Your goal:
Reproduce all the data, character for character.

Given information:
────────────────────────────────────────

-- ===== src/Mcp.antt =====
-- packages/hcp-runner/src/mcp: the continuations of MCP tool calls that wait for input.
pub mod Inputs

────────────────────────────────────────

Result for this exercise:
-- ===== src/Mcp.antt =====
-- packages/hcp-runner/src/mcp: the continuations of MCP tool calls that wait for input.
pub mod Inputs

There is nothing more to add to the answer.